Benchmark Load Balancing

The Problem

I am always looking for ways to turn boring school assignments to fun projects . A recent one involves the execution of a handful of spec benchmarks for a random set of gcc flags for my Compiler Optimisation course. This presents a slight challenge as the set of flags times the repetition count for each benchmark adds up to a rather large total execution time. Hence, parallelizing benchmark execution seemed reasonable and a fun-enough challenge.

My initial approach was to load balance the benchmarks on the school’s 16-core compute machine (2 Intel X5550 Quad Cores with HyperThreading). This boiled down to generating the necessary commands —making sure each command is allocated to a specific core with taskset— and piping them to xargs -L 1 -P $(fgrep -c name /proc/cpuinfo). This approach produced very large deviations however. This was partly because the machine was already under heavy load by other users —so distributing the tasks to individual CPUs instead of cores did not give significantly smaller deviations either.

My next thought was to schedule the benchmarks on regular login machines, most of which sit idly during the night, or even most of the day. Running on diverse hardware is not an issue —as long as a single benchmark is executed on the same machine for all different flag combinations— since I don’t care about relative performance across benchmarks. One problem with this approach however, was that it involved finding properly functioning machines which are unlikely to be used, and noting down their host names.

The Solution

So I kept putting it off, until I became aware of a cool undergraduate project. The project lists all login machines and their availability and could not have come at a more convenient time.

I quickly wrote down a script to scrape the available page and distribute each separate benchmark to one machine.

The distribute script finds available machines and submits a job via ssh. For some reason I could not use screen or tmux, since they would get killed as soon as the ssh session terminated. So I had to resort to good old nohup. Furthermore, I opted for zsh on this one since I was fed-up with the annoying idiosyncrasies of bash when it comes to separator handling —I couldn’t get the HOST array to split properly on newlines.

distribute
#!/bin/zsh
# Distribute computation across different machines.

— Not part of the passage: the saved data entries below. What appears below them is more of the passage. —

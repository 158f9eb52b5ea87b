-- ===== src/Backrun/Queues/Parked/Bid.antt =====
-- The last loop of `forget` (src/backrun.rs): a parked copy of the bid, and the entries left empty.
use magma_sidecar.Prelude.{
  All, All-without, ℕ, ◌+◌, ◌≤◌, ◌≡◌, ◌≢◌, ◌⊎◌, refl, ap, ◌∙◌, inl, inr, not, none, some, List, [],
  ◌∷◌, length, arith, Option-cases, retain, remove_at, position, position-split, ◌==◌, subst,
}
use magma_sidecar.Prelude.Map
use magma_sidecar.Prelude.Map.{HashMap}
use magma_sidecar.Backrun.Pool.{PendingBid}
use magma_sidecar.Backrun.Queues.{forget_bid, is_empty}
use magma_sidecar.Backrun.Queues.Parked.{total, count_hash, parked, Entries, parked_of_get}
use magma_sidecar.Backrun.Queues.Parked.Take.{
  without-count_hash, without-length, position-count_hash,
}

module _ {Tx : Type 0} where
  -- How many bids with the hash are parked, under any target.
  abbrev pub copies : ℕ → HashMap (List (PendingBid Tx)) → ℕ
  copies h [] = 0
  copies h ((t, bids) ∷ m) = count_hash h bids + copies h m

  -- Entries of bids for their own target, some perhaps empty.
  abbrev pub Targets : HashMap (List (PendingBid Tx)) → Type 0
  Targets [] = Unit {0}
  Targets ((t, bids) ∷ m) = All (λ b. b.target ≡ t) bids × Targets m

  pub Targets-Entries : (m : HashMap (List (PendingBid Tx))) → Entries m → Targets m
  Targets-Entries [] e = tt
  Targets-Entries ((t, bids) ∷ m) e = (e.1, Targets-Entries m e.2)

  pub forget_bid_found :
      (h t pos : ℕ) (b : PendingBid Tx) (bids : List (PendingBid Tx))
      (m : HashMap (List (PendingBid Tx)))
      → position (λ b. b.hash == h) bids ≡ some (pos, b)
      → forget_bid h ((t, bids) ∷ m) ≡ ((t, remove_at pos bids) ∷ m, 1)
  unfolding forget_bid
  forget_bid_found h t pos b bids m e = rw (e, forget_bid)

  pub forget_bid_next :
      (h t : ℕ) (bids : List (PendingBid Tx)) (m : HashMap (List (PendingBid Tx)))
      → position (λ b. b.hash == h) bids ≡ none
      → forget_bid h ((t, bids) ∷ m) ≡ ((t, bids) ∷ (forget_bid h m).0, (forget_bid h m).1)
  unfolding forget_bid
  forget_bid_next h t bids m e = rw (e, forget_bid)

  -- One entry loses one bid, at most.
  pub record Forgets (h : ℕ) (m : HashMap (List (PendingBid Tx)))
      (r : HashMap (List (PendingBid Tx)) × ℕ) : Type 0 where
    pub counted : total r.0 + r.1 ≡ total m
    pub lost : copies h r.0 + r.1 ≡ copies h m
    pub at_most_one : (r.1 ≡ 1) ⊎ ((r.1 ≡ 0) × (copies h m ≡ 0))
    pub targets : Targets r.0
    pub distinct : Map.Distinct r.0
    pub absent : (k : ℕ) → Map.get k m ≡ none → Map.get k r.0 ≡ none
    pub fewer : (k j : ℕ) → parked k j r.0 ≤ parked k j m
    pub others : (k j : ℕ) → j ≢ h → parked k j r.0 ≡ parked k j m

  forget_bid_nil : (h : ℕ) → Forgets h [] (forget_bid h [])
  unfolding forget_bid
  forget_bid_nil h = record {
    counted = refl;
    lost = refl;
    at_most_one = inr (refl, refl);
    targets = tt;
    distinct = tt;
    absent = λ k gone. refl;
    fewer = λ k j. omega arith;
    others = λ k j other. refl;
  }

  pub forget_bid-Forgets :
      (h : ℕ) (m : HashMap (List (PendingBid Tx)))
      → Targets m
      → Map.Distinct m
      → Forgets h m (forget_bid h m)
  forget_bid-Forgets h [] e d = forget_bid_nil h
  forget_bid-Forgets h ((t, bids) ∷ m) e d =
      elim (Option-cases (position (λ (b : PendingBid Tx). b.hash == h) bids)) [
        | inl missing ↦
            let rec = forget_bid-Forgets h m e.1 d.1 in
            let zero_here = position-count_hash 0 h bids missing in
            rw (forget_bid_next h t bids m missing) (record {
              counted = omega (arith, rec.counted);
              lost = omega (arith, rec.lost);
              at_most_one = ground (arith, rec.at_most_one, zero_here);
              targets = (e.0, rec.targets);
              distinct = (rec.absent t d.0, rec.distinct);
              absent = λ k gone. ground (arith, rec.absent k);
              fewer = λ k j. ground (arith, rec.fewer k j);
              others = λ k j other. ground (arith, rec.others k j other);
            })
        | inr ((pos, b), found) ↦
            let (front, back, split, taken, passes) = position-split _ bids pos b found in
            let here = λ (j : ℕ). ap (count_hash j) split ∙ without-count_hash j front back b in
            rw (forget_bid_found h t pos b bids m found, taken)
              (record {
                counted = omega (arith, ap length split, without-length front back b);
                lost = ground (arith, here h, passes);
                at_most_one = inl refl;
                targets = (
                  All-without _ front b back
                      (subst (λ xs. All (λ (c : PendingBid Tx). c.target ≡ t) xs) split e.0),
                  e.1,
                );
                distinct = d;
                absent = λ k gone. ground arith;
                fewer = λ k j. ground (arith, here j);
                others = λ k j other. ground (arith, here j, passes, other);
              })
      ]

  -- `retain(|_, v| !v.is_empty())` drops entries in which nothing is parked.
  abbrev pub occupied : HashMap (List (PendingBid Tx)) → HashMap (List (PendingBid Tx))
  occupied = retain (λ e. not (is_empty e.1))

  pub occupied-total : (m : HashMap (List (PendingBid Tx))) → total (occupied m) ≡ total m
  unfolding is_empty
  occupied-total [] = refl
  occupied-total ((t, []) ∷ m) = omega (arith, occupied-total m)
  occupied-total ((t, b ∷ bids) ∷ m) = omega (arith, occupied-total m)

  pub occupied-copies :
      (h : ℕ) (m : HashMap (List (PendingBid Tx))) → copies h (occupied m) ≡ copies h m
  unfolding is_empty
  occupied-copies h [] = refl
  occupied-copies h ((t, []) ∷ m) = omega (arith, occupied-copies h m)
  occupied-copies h ((t, b ∷ bids) ∷ m) =
      ap (λ (n : ℕ). count_hash h (b ∷ bids) + n) (occupied-copies h m)

  pub occupied-Entries : (m : HashMap (List (PendingBid Tx))) → Targets m → Entries (occupied m)
  unfolding is_empty
  occupied-Entries [] e = tt
  occupied-Entries ((t, []) ∷ m) e = occupied-Entries m e.1
  occupied-Entries ((t, b ∷ bids) ∷ m) e = (refl, e.0, occupied-Entries m e.1)

  pub occupied_absent :
      (k : ℕ) (m : HashMap (List (PendingBid Tx)))
      → Map.get k m ≡ none
      → Map.get k (occupied m) ≡ none
  unfolding is_empty
  occupied_absent k [] h = refl
  occupied_absent k ((t, []) ∷ m) h = ground (arith, occupied_absent k m)
  occupied_absent k ((t, b ∷ bids) ∷ m) h = ground (arith, occupied_absent k m)

  pub occupied-Distinct :
      (m : HashMap (List (PendingBid Tx))) → Map.Distinct m → Map.Distinct (occupied m)
  unfolding is_empty
  occupied-Distinct [] d = tt
  occupied-Distinct ((t, []) ∷ m) d = occupied-Distinct m d.1
  occupied-Distinct ((t, b ∷ bids) ∷ m) d = (occupied_absent t m d.0, occupied-Distinct m d.1)

  pub parked_absent :
      (k j : ℕ) (m : HashMap (List (PendingBid Tx))) → Map.get k m ≡ none → parked k j m ≡ 0
  parked_absent k j m gone = rw (parked_of_get k j m, gone) refl

  pub occupied-parked :
      (k j : ℕ) (m : HashMap (List (PendingBid Tx)))
      → Map.Distinct m
      → parked k j (occupied m) ≡ parked k j m
  unfolding is_empty
  occupied-parked k j [] d = refl
  occupied-parked k j ((t, []) ∷ m) d =
      ground (arith, occupied-parked k j m d.1, parked_absent t j m d.0)
  occupied-parked k j ((t, b ∷ bids) ∷ m) d = ground (arith, occupied-parked k j m d.1)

# Parse lines in the following format to retrieve hosts:
# <span class='label label-success'>bazzini.inf.ed.ac.uk</span>
HOSTS=($(wget -O - http://project.shearn89.com/available \
       | sed -rn '/label-success/ s/.*>([^<]+)<.*/\1/p'))
i=1
for src in $@; do
    host=${HOSTS[$(( i++ ))]}
    ssh -n $host "nohup ./runjob $src" &
done

The runjob script simply changes into my project directory and executes the benchmark, while logging some information like which benchmark is matched to which machine.

runjob
#!/bin/bash

src=$(basename $1)
cd msc/copt1
joblog="info.$src.$(hostname).log"
date +'%F %T' >> $joblog
cat /proc/cpuinfo  >> $joblog
taskset -c 1 ./benchmark $@
echo $? $@ >> "$joblog"

The benchmark script is responsible for reading available flags, compiling a benchmark and then executing it for a certain number of iterations. After execution is complete, average runtime and standard deviation are calculated with a simple awk script, stats.awk.

benchmark
#!/bin/bash

SRC="$1"
DST="${2:-$(pwd)/out}"
FLAGS="${3:-200-flags}"
TIMES="${4:-12}"

die() { echo $@; exit 1; }

[[ -z "$SRC" ]] && die "usage: $0 src [dst=$DST] [flags=$FLAGS] [times=$TIMES]"

name="$(basename $SRC)"
dst="$DST/$name"
mkdir -p "$dst" || die "Failed to create output directory $dst"

log="$dst/run.log"
buildlog="$dst/build.log"

f=0
while read flags; do
    (( f++ ))
    file="$(printf $dst/%03d.times $f)"
    run=$(printf "$(basename $SRC) %03d" $f)
    echo "$(date +'%F %T') $run $flags" | tee -a "$log" "$buildlog"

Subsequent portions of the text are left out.